A High Performance Thin Layer Chromatographic Method Using a Design of Experiment Approach for Estimation of Phytochemicals in Extracts of Moringa Oleifera Leaves

Asha Thomas; Abhilash Kanakdhar; Adinath Shirsat; Sanjeevani Deshkar; Lata Kothapalli

doi:10.4274/tjps.galenos.2018.80958

A High Performance Thin Layer Chromatographic Method Using a Design of Experiment Approach for Estimation of Phytochemicals in Extracts of Moringa Oleifera Leaves

Turk J Pharm Sci. 2020 Apr;17(2):148-158. doi: 10.4274/tjps.galenos.2018.80958. Epub 2020 Apr 24.

Authors

Asha Thomas¹, Abhilash Kanakdhar¹, Adinath Shirsat², Sanjeevani Deshkar³, Lata Kothapalli¹

Affiliations

¹ Dr. D.Y. Patil Institute of Pharmaceutical Sciences and Research, Clinic of Pharmaceutical Chemistry, Maharashtra, India.
² Peptide-Formulation Development (NDDS), Sun Pharmaceutical Industries Ltd, Vadodara, India.
³ Dr. D.Y. Patil Institute of Pharmaceutical Sciences and Research, Clinic of Pharmaceutics, Maharashtra, India.

Abstract

Objectives: A systematic design of experiment (DoE) based sensitive, robust high performance thin layer chromatographic (HPTLC) method was established for simultaneous estimation of gallic acid (GA), quercetin (QT), and rutin (RT) from ethanolic and aqueous leaf extracts of Moringa oleifera.

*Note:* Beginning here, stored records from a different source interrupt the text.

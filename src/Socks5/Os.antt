-- ===== src/Socks5/Os.antt =====
-- The calls that server/socks5.c makes of the system and of the selector. What they answer is a
-- parameter, for each call by its number.
use protos_tpe.Prelude.{
  ℕ, ◌+◌, Bool, true, false, Option, some, List, ◌++◌, if◌then◌else◌, ◌>>=◌, take, min, drop, pos,
  ◌==◌,
}
use protos_tpe.Buffer.{Buffer, write_ptr, read_ptr, read_adv, fill}
use protos_tpe.Request.{SockAddr}
use protos_tpe.Selector.{Interest}
use protos_tpe.Socks5.{Errno, Key, Net, is_client}

-- The result of `recv` and `send`: what was transferred, EAGAIN, or an error.
pub data Io (A : Type 0) : Type 0 where
  io_ok : A → Io A
  io_again io_failed : Io A

-- What `connect` answers.
pub data Connecting : Type 0 where
  connected in_progress : Connecting
  refused : Errno → Connecting

-- `socket`, `selector_fd_set_nio` and `connect` for one address.
pub data Attempt : Type 0 where
  no_socket no_nio : Errno → Attempt
  opened : ℕ → Connecting → Attempt

pub record Os : Type 0 where
  pub recv : ℕ → Io (List ℕ)
  pub send : ℕ → Io ℕ
  pub set_interest : ℕ → Bool
  pub register : ℕ → Bool
  pub attempt : ℕ → Attempt
  pub so_error : ℕ → Option Errno
  pub sockname : ℕ → Option SockAddr
  pub queue_job : ℕ → Bool
  pub now : ℕ → ℕ
  pub ntop : Bool → List ℕ → List ℕ

abbrev pub called : Key → Key
called k = record k { net = record k.net { calls = k.net.calls + 1 } }

-- The bytes that came in on the descriptor of the event.
abbrev pub log_received : Bool → List ℕ → Net → Net
log_received true xs n = record n { from_client = n.from_client ++ xs }
log_received false xs n = record n { from_origin = n.from_origin ++ xs }

-- The bytes that went out, to the client or to the origin.
abbrev pub log_sent : Bool → List ℕ → Net → Net
log_sent true xs n = record n { to_client = n.to_client ++ xs }
log_sent false xs n = record n { to_origin = n.to_origin ++ xs }

-- The descriptor that `selector_set_interest` is called for.
pub data Side : Type 0 where
  client_side origin_side : Side

abbrev pub arm : Side → Interest → Net → Net
arm client_side i n = record n { client_armed = i }
arm origin_side i n = record n { origin_armed = i }

abbrev pub key_side : Key → Side
key_side k = elim (is_client k) [ true ↦ client_side | false ↦ origin_side ]

module _ (os : Os) where
  -- `selector_set_interest(s, fd, i)`; the flag is `SELECTOR_SUCCESS`.
  unfoldable pub set_interest : Side → Interest → Key → Bool × Key
  set_interest side i k =
      let k' = called k in
      if os.set_interest k.net.calls
      then (true, record k' { net = arm side i k'.net })
      else (false, k')

  -- `recv` into the room at the write pointer of a buffer, by no more bytes than there is room for;
  -- no byte is the end of the stream.
  unfoldable pub recv_into : Key → Buffer → Option (Io (List ℕ) × Buffer × Key)
  recv_into k b = do
    (at, space) ← write_ptr b
    elim (os.recv k.net.calls) [
      | io_ok bytes ↦
          (let got = take space bytes in
            do
              b' ← fill b got
              let k' = called k
              some (io_ok got, b', record k' { net = log_received (is_client k) got k'.net }))
      | io_again ↦ some (io_again, b, called k)
      | io_failed ↦ some (io_failed, b, called k)
    ]

  -- `send` of what waits in a buffer, to the client or to the origin. It takes no more than there
  -- is; what it has taken leaves the buffer.
  unfoldable pub send_from : Bool → Buffer → Key → Option (Io ℕ × Buffer × Key)
  send_from to_client b k = do
    (at, pending) ← read_ptr b
    elim (os.send k.net.calls) [
      | io_ok m ↦
          (let n = min m pending in
            elim (n == 0) [
              | true ↦ some (io_ok 0, b, called k)
              | false ↦ (do
                b' ← read_adv b (pos n)
                let k' = called k
                let bytes = take n (drop at b.bytes)
                some (io_ok n, b', record k' { net = log_sent to_client bytes k'.net }))
            ])
      | io_again ↦ some (io_again, b, called k)
      | io_failed ↦ some (io_failed, b, called k)
    ]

Materials and methods: The chromatographic separation was carried on Merck TLC aluminum sheets of silica gel 60 F254 (10×10 cm) with mobile phase of toluene: ethyl acetate: methanol: formic acid (4.9:4.1:2:0.5, v/v/v/v) with densitometric scanning at 300 nm. The critical method parameters were initially identified by regular two level factorial design and further systematically optimized using a central composite design, evaluating the effect on selected critical analytical attributes, retention factor (RF), and peak area.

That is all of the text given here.